Infine, per quanto riguarda le pensioni di reversibilità, per due vedovi entrambi titolari di prestazioni pensionistiche che vogliano avere una vita insieme, è più conveniente scegliere la convivenza che non il matrimonio. In questo modo si assicurano una doppia prestazione che altrimenti verrebbe meno. Insomma, siete davvero sicuri di volere il matrimonio, o il paramatrimonio rappresentato da queste unioni civili? Sono maggiori i diritti che si acquisiscono o i doveri che si prendono in carico? Fatevi due conti.

A parte le battute, è chiaro che tali situazioni delineano una politica familiare in Italia inesistente e, se presente, confusa e dannosa.
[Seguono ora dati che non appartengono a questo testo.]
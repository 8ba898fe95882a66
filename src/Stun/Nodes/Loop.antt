-- ===== src/Stun/Nodes/Loop.antt =====
-- The loop of the choice, as a search for the least loss over the first list.
use bff_rtc_base.Base.{
  ℕ, ◌≡◌, ◌≢◌, refl, ap, ◌∙◌, inl, inr, [], ◌∷◌, Option, none, some, Bytes, if◌then◌else◌, ltb,
  ◌==◌, nat_eq, bytes_eq, bytes_beq_iff, ℤ, arith, Option-cases,
}
use bff_rtc_base.Stun.Nodes.{
  Rtts, loss, normalize_node_ip, take_entry, LossMap, assign, collect_losses, first_ip,
  find_best_node,
}

unfoldable pub rtt_of : Bytes → Rtts → Option ℤ
rtt_of ip [] = none
rtt_of ip ((raw, rtt) ∷ rtts) = if normalize_node_ip raw == ip then some rtt else rtt_of ip rtts

-- No node is measured twice.
abbrev pub IsDistinct : Rtts → Type 0
IsDistinct [] = Unit
IsDistinct ((raw, rtt) ∷ rtts) = (rtt_of (normalize_node_ip raw) rtts ≡ none) × IsDistinct rtts

pub take_entry-none : (ip : Bytes) (rtts : Rtts) → take_entry ip rtts ≡ none → rtt_of ip rtts ≡ none
unfolding take_entry rtt_of
take_entry-none ip [] h = refl
take_entry-none ip ((raw, rtt) ∷ rtts) h = ground (arith, take_entry-none ip rtts)

pub take_entry-some :
    (ip : Bytes) (rtts : Rtts) (rtt : ℤ) (rest : Rtts)
    → take_entry ip rtts ≡ some (rtt, rest)
    → rtt_of ip rtts ≡ some rtt
unfolding take_entry rtt_of
take_entry-some ip [] rtt rest h = cc
take_entry-some ip ((raw, r) ∷ rtts) rtt rest h = elim (Option-cases (take_entry ip rtts)) [
  | inl e ↦ ground arith
  | inr ((r', rest'), e) ↦ ground (arith, take_entry-some ip rtts r' rest' e)
]

-- The other nodes are as they were.
pub take_entry-other :
    (ip k : Bytes) (rtts : Rtts) (rtt : ℤ) (rest : Rtts)
    → take_entry ip rtts ≡ some (rtt, rest)
    → k ≢ ip
    → rtt_of k rest ≡ rtt_of k rtts
unfolding take_entry rtt_of
take_entry-other ip k [] rtt rest h ne = cc
take_entry-other ip k ((raw, r) ∷ rtts) rtt rest h ne = elim (Option-cases (take_entry ip rtts)) [
  | inl e ↦
      ground
        (arith, bytes_beq_iff (normalize_node_ip raw) ip, bytes_beq_iff (normalize_node_ip raw) k)
  | inr ((r', rest'), e) ↦ ground (
    arith,
    bytes_beq_iff (normalize_node_ip raw) ip,
    bytes_beq_iff (normalize_node_ip raw) k,
    take_entry-other ip k rtts r' rest' e,
  )
]

-- The node that was taken is there no more.
pub take_entry-IsDistinct :
    (ip : Bytes) (rtts : Rtts) (rtt : ℤ) (rest : Rtts)
    → take_entry ip rtts ≡ some (rtt, rest)
    → IsDistinct rtts
    → (rtt_of ip rest ≡ none) × IsDistinct rest
unfolding take_entry rtt_of
take_entry-IsDistinct ip [] rtt rest h d = cc
take_entry-IsDistinct ip ((raw, r) ∷ rtts) rtt rest h d = elim (Option-cases (take_entry ip rtts)) [
  | inl e ↦ ground (arith, bytes_beq_iff (normalize_node_ip raw) ip)
  | inr ((r', rest'), e) ↦ ground (
    arith,
    bytes_beq_iff (normalize_node_ip raw) ip,
    take_entry-IsDistinct ip rtts r' rest' e,
    take_entry-other ip (normalize_node_ip raw) rtts r' rest' e,
  )
]

-- The first entry of the map, which the choice reads; `assign` never looks behind it to set it.
abbrev head? : LossMap → Option (ℕ × Bytes)
head? [] = none
head? (e ∷ m) = some e

abbrev pub better : ℕ → Bytes → Option (ℕ × Bytes) → ℕ × Bytes
better key ip none = (key, ip)
better key ip (some (k, i)) = if ltb key k then (key, ip) else if key == k then (k, ip) else (k, i)

head?-assign :
    (key : ℕ) (ip : Bytes) (m : LossMap) → head? (assign key ip m) ≡ some (better key ip (head? m))
unfolding assign
head?-assign key ip [] = refl
head?-assign key ip ((k, i) ∷ m) = ground arith

-- The loop with the first entry alone.
unfoldable pub best : Rtts → Rtts → Option (ℕ × Bytes) → Option (ℕ × Bytes)
best [] rtts2 acc = acc
best ((raw, rtt) ∷ rtts1) rtts2 acc =
    let ip = normalize_node_ip raw in
    elim (take_entry ip rtts2) [
      | none ↦ best rtts1 rtts2 acc
      | some (other, rest) ↦ best rtts1 rest (some (better (loss rtt other) ip acc))
    ]

head?-collect_losses :
    (rtts1 rtts2 : Rtts) (m : LossMap)
    → head? (collect_losses rtts1 rtts2 m) ≡ best rtts1 rtts2 (head? m)
unfolding collect_losses best
head?-collect_losses [] rtts2 m = refl
head?-collect_losses ((raw, rtt) ∷ rtts1) rtts2 m =
    elim (Option-cases (take_entry (normalize_node_ip raw) rtts2)) [
      | inl e ↦ rw (e, collect_losses, best) (head?-collect_losses rtts1 rtts2 m)
      | inr ((other, rest), e) ↦
          rw (e, collect_losses, best)
            (head?-collect_losses rtts1 rest _
              ∙ ap (best rtts1 rest) (head?-assign (loss rtt other) (normalize_node_ip raw) m))
    ]

abbrev pub ip_of : Option (ℕ × Bytes) → Bytes
ip_of none = []
ip_of (some (k, ip)) = ip

first_ip-head? : (m : LossMap) → first_ip m ≡ ip_of (head? m)
unfolding first_ip
first_ip-head? [] = refl
first_ip-head? ((k, ip) ∷ m) = refl

pub find_best_node-best :
    (rtts1 rtts2 : Rtts) → find_best_node rtts1 rtts2 ≡ ip_of (best rtts1 rtts2 none)
unfolding find_best_node
find_best_node-best rtts1 rtts2 =
    first_ip-head? (collect_losses rtts1 rtts2 []) ∙ ap ip_of (head?-collect_losses rtts1 rtts2 [])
Perciò, prima di pensare a creare surrogati di “famiglia”, forse sarebbe il momento di valorizzare anche in termini di sostegno economico l’unica istituzione che ha supportato il nostro paese durante quest’ultimo periodo di profonda crisi economica. Se ci sono delle risorse, le si destini a quelle mamme che devono ogni giorno farsi in quattro per mandare avanti la famiglia e allo stesso tempo lavorare; o a quei papà che, per permettere ai figli un futuro dignitoso, non riescono neppure a ritagliarsi un po’ di tempo da dedicare a loro. Queste sono le politiche familiari che chiede il paese reale nel quale più che di Codice Civile è meglio armarsi di calcolatrice….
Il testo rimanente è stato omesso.